After ensuring that the students have had adequate time to come to a consensus, review the question on Slide 10 by asking a few of the groups what their consensus was. (Answers will vary.) As each group responds, ask some of them their responses to the focus questions as well. (Answers will vary.)

After all groups have participated, ask the class what they think the overall consensus, if any, is in the class. Encourage all students to provide their insights to the discussion. (Answers will vary.)

Slide 11 reviews the benefits and costs of a stimulus. Review the points with the students.

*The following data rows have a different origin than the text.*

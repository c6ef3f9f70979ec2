-- ===== src/Telemetry/Wire.antt =====
-- The 44 bytes of a record on the line (`auditor_record_t` is packed), and the decoder that
-- scripts/read_telemetry.py states as the struct format '<IHHQBBBBII16s'.
use lugh_os.Base.{
  ℕ, zero, suc, ℤ, to_u32, ◌+◌, ◌*◌, ◌/◌, ◌%◌, ◌^◌, ◌<◌, ◌==◌, if◌then◌else◌, List, [], ◌∷◌, ◌++◌,
  Option, none, some, length, take, drop, ◌≡◌, ap, arith, true,
}
use native.Mathlib.Nat.{pow-suc}
use lugh_os.Base.Masks.{bit_and-mask}
use lugh_os.Task.{Task}
use lugh_os.Telemetry.Record.{AuditorRecord, put32, workflow_record}

-- The low `n` bytes of a value, lowest first.
abbrev pub le_bytes : ℕ → ℕ → List ℕ
le_bytes zero v = []
le_bytes (suc n) v = v % 256 ∷ le_bytes n (v / 256)

abbrev pub of_bytes : List ℕ → ℕ
of_bytes [] = 0
of_bytes (b ∷ bs) = b + 256 * of_bytes bs

pub encode : AuditorRecord → List ℕ
encode r =
    le_bytes 4 r.magic
    ++ (le_bytes 2 r.version
        ++ (le_bytes 2 r.record_type
            ++ (le_bytes 8 r.jiffies
                ++ (r.priority
                    ∷ r.src_domain
                    ∷ r.protocol
                    ∷ r.channel_id
                    ∷ (le_bytes 4 r.operation ++ (le_bytes 4 r.checksum ++ r.payload_hash))))))

-- The next `n` bytes as a number.
abbrev pub field_at : ℕ → ℕ → List ℕ → ℕ
field_at offset n xs = of_bytes (take n (drop offset xs))

abbrev pub record_at : List ℕ → AuditorRecord
record_at xs = record {
  magic = field_at 0 4 xs;
  version = field_at 4 2 xs;
  record_type = field_at 6 2 xs;
  jiffies = field_at 8 8 xs;
  priority = field_at 16 1 xs;
  src_domain = field_at 17 1 xs;
  protocol = field_at 18 1 xs;
  channel_id = field_at 19 1 xs;
  operation = field_at 20 4 xs;
  checksum = field_at 24 4 xs;
  payload_hash = drop 28 xs;
}

pub decode : List ℕ → Option AuditorRecord
decode xs = if length xs == 44 then some (record_at xs) else none

-- Each field holds a value of its C type.
pub record IsInRange (r : AuditorRecord) : Type 0 where
  pub magic_in : r.magic < 2 ^ 32
  pub version_in : r.version < 2 ^ 16
  pub type_in : r.record_type < 2 ^ 16
  pub jiffies_in : r.jiffies < 2 ^ 64
  pub operation_in : r.operation < 2 ^ 32
  pub checksum_in : r.checksum < 2 ^ 32
  pub hash_in : length r.payload_hash ≡ 16

pub of_bytes-le_bytes : (n v : ℕ) → v < 256 ^ n → of_bytes (le_bytes n v) ≡ v
of_bytes-le_bytes zero v h = omega arith
of_bytes-le_bytes (suc n) v h =
    let rest = of_bytes-le_bytes n (v / 256) (omega (arith, pow-suc 256 n)) in omega (arith, rest)

record_at-encode : (r : AuditorRecord) → IsInRange r → record_at (encode r) ≡ r
unfolding encode
record_at-encode r v =
    let magic = of_bytes-le_bytes 4 r.magic (omega (arith, v.magic_in)) in
    let version = of_bytes-le_bytes 2 r.version (omega (arith, v.version_in)) in
    let kind = of_bytes-le_bytes 2 r.record_type (omega (arith, v.type_in)) in
    let jiffies = of_bytes-le_bytes 8 r.jiffies (omega (arith, v.jiffies_in)) in
    let priority : r.priority + 256 * 0 ≡ r.priority = omega arith in
    let src_domain : r.src_domain + 256 * 0 ≡ r.src_domain = omega arith in
    let protocol : r.protocol + 256 * 0 ≡ r.protocol = omega arith in
    let channel : r.channel_id + 256 * 0 ≡ r.channel_id = omega arith in
    let operation = of_bytes-le_bytes 4 r.operation (omega (arith, v.operation_in)) in
    let checksum = of_bytes-le_bytes 4 r.checksum (omega (arith, v.checksum_in)) in
    λ i. record {
      magic = magic i;
      version = version i;
      record_type = kind i;
      jiffies = jiffies i;
      priority = priority i;
      src_domain = src_domain i;
      protocol = protocol i;
      channel_id = channel i;
      operation = operation i;
      checksum = checksum i;
      payload_hash = r.payload_hash;
    }

pub length-encode : (r : AuditorRecord) → length r.payload_hash ≡ 16 → length (encode r) ≡ 44
unfolding encode
length-encode r h = omega (arith, h)

-- A record whose fields are in the range of their C types takes 44 bytes, and the decoder reads it
-- back from them as it was written.
pub decode-encode :
    (r : AuditorRecord) → IsInRange r → (length (encode r) ≡ 44) × (decode (encode r) ≡ some r)
unfolding decode
decode-encode r v =
    let n = length-encode r v.hash_in in
    let e : (length (encode r) == 44) ≡ true = ground (arith, n) in
    (n, rw e (ap some (record_at-encode r v)))

-- The value that the decoder takes from the four bytes at `4 * k` of the payload.
abbrev pub word_of : ℕ → List ℕ → ℕ
word_of k hash = of_bytes (take 4 (drop (4 * k) hash))

pub of_bytes-put32 : (v : ℕ) → v < 2 ^ 32 → of_bytes (put32 v) ≡ v
of_bytes-put32 v h = omega arith

-- What the off-box encoder recovers from a workflow record: the 64-bit id from its two halves, the
-- owner, the status, the undo cursor and the step's return value.
pub workflow_record_fields :
    (now : ℕ) (current : Option Task) (id owner step status done event : ℕ) (rv : ℤ)
    → id < 2 ^ 64
    → owner < 2 ^ 32
    → status < 2 ^ 32
    → done < 2 ^ 32
    → to_u32 rv < 2 ^ 32
    → let r = workflow_record now current id owner step status done rv event in
      (r.operation + r.checksum * 2 ^ 32 ≡ id)
      × (word_of 0 r.payload_hash ≡ owner)
      × (word_of 1 r.payload_hash ≡ status)
      × (word_of 2 r.payload_hash ≡ done)
      × (word_of 3 r.payload_hash ≡ to_u32 rv)
unfolding workflow_record
workflow_record_fields now current id owner step status done event rv h1 h2 h3 h4 h5 = (
  omega (arith, bit_and-mask 32 id, bit_and-mask 32 (id / 2 ^ 32)),
  of_bytes-put32 owner h2,
  of_bytes-put32 status h3,
  of_bytes-put32 done h4,
  of_bytes-put32 (to_u32 rv) h5,
)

Tell the students that a lot of the costs of the stimulus depend on interest rates and interest payments. Display Slide 12, which asks questions about the long-term impacts of the stimulus. Ask the students the questions on the slide:

  1. Do interest rates rise significantly to high levels because of the stimulus? (CBO estimates indicate that interest rates will rise, but not to historically high levels.)
  2. Are interest payments historically large relative to GDP? (While interest payments rise, when expressed as a percentage of GDP, the payment will be lower than in the 1980s.)
  3. What contributes to a larger national debt? (This question is not directly answered in the shorter set of readings, students may still have background to make reasonable answers.)
    1. One-time money stimulus programs (One time payments will increase the debt, but because they are not continuous spending, their impacts are limited.)
    2. Ongoing programs (Ongoing spending programs with increase costs such as Medicare are more likely to cause problems with the debt.)
  4. Can taxes be raised in the future to reduce the debt? (Higher taxes would reduce the deficit and slow the debt but are politically unpopular and notoriously hard to pass.)

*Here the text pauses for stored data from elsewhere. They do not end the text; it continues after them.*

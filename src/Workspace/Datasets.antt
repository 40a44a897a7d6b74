-- ===== src/Workspace/Datasets.antt =====
-- What the agent relies on of ZFS, and how a sequence of commands is followed.
use flowz.Prelude.{
  Str, lit, ◌==◌, starts_with, contains_char, Bool, false, ◌||◌, [], ◌∷◌, ◌++◌, Option, none, some,
  Result, ok, err, ◌≡◌,
}
use flowz.Workspace.Machine.{Machine, Failure, M, and_then, in_context, zfs, dataset_exists}

-- A computation that succeeds ends in a state of the first kind, one that fails in one of the second.
abbrev pub Ensures : {S A : Type 0} → (S → Type 0) → (S → Type 0) → Result Failure A × S → Type 0
Ensures Q E (ok a, s) = Q s
Ensures Q E (err e, s) = E s

pub Ensures-then :
    {S A B : Type 0} (Q R E : S → Type 0) (f : A → M S B) (r : Result Failure A × S)
    → Ensures Q E r
    → ((a : A) (s : S) → Q s → Ensures R E (f a s))
    → Ensures R E (and_then f r)
Ensures-then Q R E f (ok a, s) h k = k a s h
Ensures-then Q R E f (err e, s) h k = h

pub Ensures-weaker :
    {S A : Type 0} (Q Q' E E' : S → Type 0) (r : Result Failure A × S)
    → Ensures Q E r
    → ((s : S) → Q s → Q' s)
    → ((s : S) → E s → E' s)
    → Ensures Q' E' r
Ensures-weaker Q Q' E E' (ok a, s) h q e = q s h
Ensures-weaker Q Q' E E' (err m, s) h q e = e s h

pub Ensures-in_context :
    {S A : Type 0} (Q E : S → Type 0) (text : Str) (r : Result Failure A × S)
    → Ensures Q E r
    → Ensures Q E (in_context text r)
Ensures-in_context Q E text (ok a, s) h = h
Ensures-in_context Q E text (err e, s) h = h

pub Ensures-both :
    {S A : Type 0} (Q E : S → Type 0) (r : Result Failure A × S) → Q r.1 → E r.1 → Ensures Q E r
Ensures-both Q E (ok a, s) h k = h
Ensures-both Q E (err e, s) h k = k

pub Ensures-state :
    {S A : Type 0} (Q : S → Type 0) (r : Result Failure A × S) → Ensures Q Q r → Q r.1
Ensures-state Q (ok a, s) h = h
Ensures-state Q (err e, s) h = h

-- The dataset `d` is the other one or above it.
unfoldable pub touches : Str → Str → Bool
touches d e = (e == d) || starts_with e (d ++ lit "/")

-- The datasets of a machine, as a view of its states: the content of a dataset or of its snapshot of a
-- name, and the snapshot that a clone was made of.
pub record View (machine : Machine) : Type 1 where
  pub Content : Type 0
  pub content : machine.State → Str → Option Str → Option Content
  pub origin : machine.State → Str → Option (Str × Str)

module _ (machine : Machine) (view : View machine) where
  open view use {content, origin}

  abbrev pub Same : machine.State → machine.State → Type 0
  Same s s' = (e : Str) (x : Option Str) → content s' e x ≡ content s e x

  abbrev pub Inherited : Str → machine.State → machine.State → Type 0
  Inherited d s s' = Same s s' × (origin s' d ≡ origin s d)

  -- The clone has taken over the snapshot that it was made of.
  abbrev pub Promoted : Str → Str → Str → machine.State → machine.State → Type 0
  Promoted d b x s s' =
      (content s' d none ≡ content s d none)
      × (content s' d (some x) ≡ content s b (some x))
      × (content s' b (some x) ≡ none)

  -- The dataset has another name, with its snapshots; those that neither name touches stay.
  abbrev pub Renamed : Str → Str → machine.State → machine.State → Type 0
  Renamed a b s s' =
      ((x : Option Str) → content s' b x ≡ content s a x)
      × ((x : Option Str) → content s' a x ≡ none)
      × ((e : Str) (x : Option Str)
          → touches a e ≡ false
          → touches b e ≡ false
          → content s' e x ≡ content s e x)

  -- Only the dataset and those below it change.
  abbrev pub Within : Str → machine.State → machine.State → Type 0
  Within d s s' = (e : Str) (x : Option Str) → touches d e ≡ false → content s' e x ≡ content s e x

  -- The snapshot is gone; the other datasets stay, and this one but for its snapshots.
  abbrev pub Dropped : Str → Str → machine.State → machine.State → Type 0
  Dropped d x s s' =
      (content s' d (some x) ≡ none)
      × (content s' d none ≡ content s d none)
      × ((e : Str) (y : Option Str) → (e == d) ≡ false → content s' e y ≡ content s e y)

  abbrev pub Snapped : Str → Str → machine.State → machine.State → Type 0
  Snapped d x s s' = content s' d (some x) ≡ content s d none

-- What the commands do to the datasets. Those that fail change nothing, but that a recursive destruction
-- may have got so far. The name of a dataset has no `@`.
pub record Zfs (machine : Machine) (view : View machine) (priv_tool : Str) : Type 1 where
  pub list_lem :
      (d : Str) (s : machine.State) → Same machine view s (dataset_exists machine priv_tool d s).1
  pub inherit_lem :
      (d : Str) (s : machine.State)
      → Ensures
          (Inherited machine view d s)
          (Same machine view s)
          (zfs machine priv_tool (lit "inherit" ∷ lit "mountpoint" ∷ d ∷ []) s)
  pub promote_lem :
      (d b x : Str) (s : machine.State)
      → view.origin s d ≡ some (b, x)
      → (b == d) ≡ false
      → Ensures
          (Promoted machine view d b x s)
          (Same machine view s)
          (zfs machine priv_tool (lit "promote" ∷ d ∷ []) s)
  pub rename_lem :
      (a b : Str) (s : machine.State)
      → (a == b) ≡ false
      → Ensures
          (Renamed machine view a b s)
          (Same machine view s)
          (zfs machine priv_tool (lit "rename" ∷ a ∷ b ∷ []) s)
  pub destroy_below_lem :
      (d : Str) (s : machine.State)
      → Ensures
          (Within machine view d s)
          (Within machine view d s)
          (zfs machine priv_tool (lit "destroy" ∷ lit "-r" ∷ d ∷ []) s)
  pub destroy_lem :
      (d x : Str) (s : machine.State)
      → contains_char d b'@' ≡ false
      → Ensures
          (Dropped machine view d x s)
          (Same machine view s)
          (zfs machine priv_tool (lit "destroy" ∷ (d ++ b'@' ∷ x) ∷ []) s)
  pub snapshot_lem :
      (d x : Str) (s : machine.State)
      → contains_char d b'@' ≡ false
      → Ensures
          (Snapped machine view d x s)
          (Same machine view s)
          (zfs machine priv_tool (lit "snapshot" ∷ (d ++ b'@' ∷ x) ∷ []) s)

Conclude the lesson by noting the debate will continue beyond the pandemic as social issues such as healthcare, unemployment benefits, environmental protection will need funding through either tax increases or increased deficits. If desired, display Slide 13 the two political cartoons the represent different aspects of the debate. Ask the students what the first cartoon is trying to communicate. (The national debt has been caused by many things including past tax cuts. The cartoon suggests that Republicans are focusing on smaller things like unemployment benefits while ignoring tax cuts.) As the students what the second cartoon is trying to communicate. (The cartoon suggests that a large stimulus will worsen what is already a large national debt.)